**Dataset entries**
[Start of section]

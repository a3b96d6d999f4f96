-- ===== src/Opening/Tested.antt =====
-- The test of the disc in `dvdcss_open_common` of src/libdvdcss.c: whether the disc counts as
-- scrambled, and whether the ioctls are used.
use libdvdcss.Common.{
  ℕ, Bool, true, false, not, ◌&&◌, Option, none, some, List, ◌∷◌, ◌≡◌, refl, sym, ap, ◌∙◌, inl, inr,
  Bool-cases, arith, ◌==◌, if◌then◌else◌,
}
use mathlib.Core.Path.{subst}
use libdvdcss.Keys.{DvdKey}
use libdvdcss.Dvdcss.{Dvdcss, Drive, DvdTitle, read_copyright, report_rpc, is_some, issue}
use libdvdcss.TitleKeys.{dvdcss_test, on_copyright, judge, judge_rpc}
use libdvdcss.Opening.{on_test, test_disc}

-- A drive that reports no copyright protection.
unfoldable pub reports_clear : Option ℕ → Bool
reports_clear none = false
reports_clear (some copyright) = copyright == 0

judge_lem :
    (copyright rpc rpc_type : ℕ) (d : Dvdcss)
    → d.b_scrambled ≡ true
    → ((on_test (judge copyright rpc rpc_type) d).b_scrambled ≡ not (copyright == 0))
      × ((on_test (judge copyright rpc rpc_type) d).b_ioctls ≡ d.b_ioctls)
      × ((on_test (judge copyright rpc rpc_type) d).p_titles ≡ d.p_titles)
unfolding judge on_test
judge_lem copyright rpc rpc_type d worst =
    elim (Bool-cases (not (copyright == 0) && (rpc == 1 && rpc_type == 0))) [
      | inl locked ↦
          let protected : not (copyright == 0) ≡ true = ground arith in
          rw (locked) (worst ∙ sym protected, refl, refl)
      | inr free ↦ elim (Bool-cases (copyright == 0)) [
        | inl clear ↦ rw (free, clear) (refl, refl, refl)
        | inr protected ↦ rw (free, protected) (refl, refl, refl)
      ]
    ]

-- What is known after a test of a disc whose copyright information is `answer`, with the ioctls or
-- without.
abbrev pub Tested : Bool → Option ℕ → List DvdTitle → Dvdcss → Type 0
Tested uses answer titles e =
    (e.b_scrambled ≡ not (uses && reports_clear answer))
    × (e.b_ioctls ≡ (uses && is_some answer))
    × (e.p_titles ≡ titles)

module _ (drive : Drive) where
  judge_rpc_lem :
      (copyright : ℕ) (rpc : Option (ℕ × ℕ × ℕ)) (d : Dvdcss)
      → d.b_scrambled ≡ true
      → d.b_ioctls ≡ true
      → Tested true (some copyright) d.p_titles (on_test (judge_rpc copyright rpc) d)
  unfolding judge_rpc reports_clear is_some
  judge_rpc_lem copyright none d worst uses =
      let (s, i, t) = judge_lem copyright 0 0 d worst in (s, i ∙ uses, t)
  judge_rpc_lem copyright (some (rpc_type, mask, rpc)) d worst uses =
      let (s, i, t) = judge_lem copyright rpc rpc_type d worst in (s, i ∙ uses, t)

  on_copyright_lem :
      (answer : Option ℕ) (d : Dvdcss)
      → d.b_scrambled ≡ true
      → d.b_ioctls ≡ true
      → let (result, d') = on_copyright drive answer d in
        Tested true answer d.p_titles (on_test result d')
  unfolding on_copyright on_test reports_clear is_some issue
  on_copyright_lem none d worst uses = (worst, refl, refl)
  on_copyright_lem (some copyright) d worst uses =
      let asked = record d { log = report_rpc ∷ d.log } in
      judge_rpc_lem copyright (drive.rpc asked.log) asked worst uses

module _ (drive : Drive) (crack_disc_key : DvdKey → Bool × DvdKey) where
  pub test_disc_lem :
      (uses : Bool) (d : Dvdcss)
      → d.b_scrambled ≡ true
      → d.b_ioctls ≡ uses
      → Tested uses
          (drive.copyright (read_copyright ∷ d.log))
          d.p_titles
          (test_disc drive crack_disc_key d)
  unfolding test_disc dvdcss_test issue
  test_disc_lem true d worst uses =
      let asked = record d { log = read_copyright ∷ d.log } in
      let answer = drive.copyright asked.log in
      let tested =
        on_test (on_copyright drive answer asked).0 (on_copyright drive answer asked).1 in
      subst (Tested true answer d.p_titles) (sym (ap (λ (b : Bool). if b then tested else d) uses))
        (on_copyright_lem drive answer asked worst uses)
  test_disc_lem false d worst uses =
      let asked = record d { log = read_copyright ∷ d.log } in
      let answer = drive.copyright asked.log in
      let tested =
        on_test (on_copyright drive answer asked).0 (on_copyright drive answer asked).1 in
      subst (Tested false answer d.p_titles) (sym (ap (λ (b : Bool). if b then tested else d) uses))
        (worst, uses, refl)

[End of section]

**Work to complete**
The lines that contain the word "else" are wanted; copy each of them from the records.

**Reply to the exercise**
  Bool-cases, arith, ◌==◌, if◌then◌else◌,
      subst (Tested true answer d.p_titles) (sym (ap (λ (b : Bool). if b then tested else d) uses))
      subst (Tested false answer d.p_titles) (sym (ap (λ (b : Bool). if b then tested else d) uses))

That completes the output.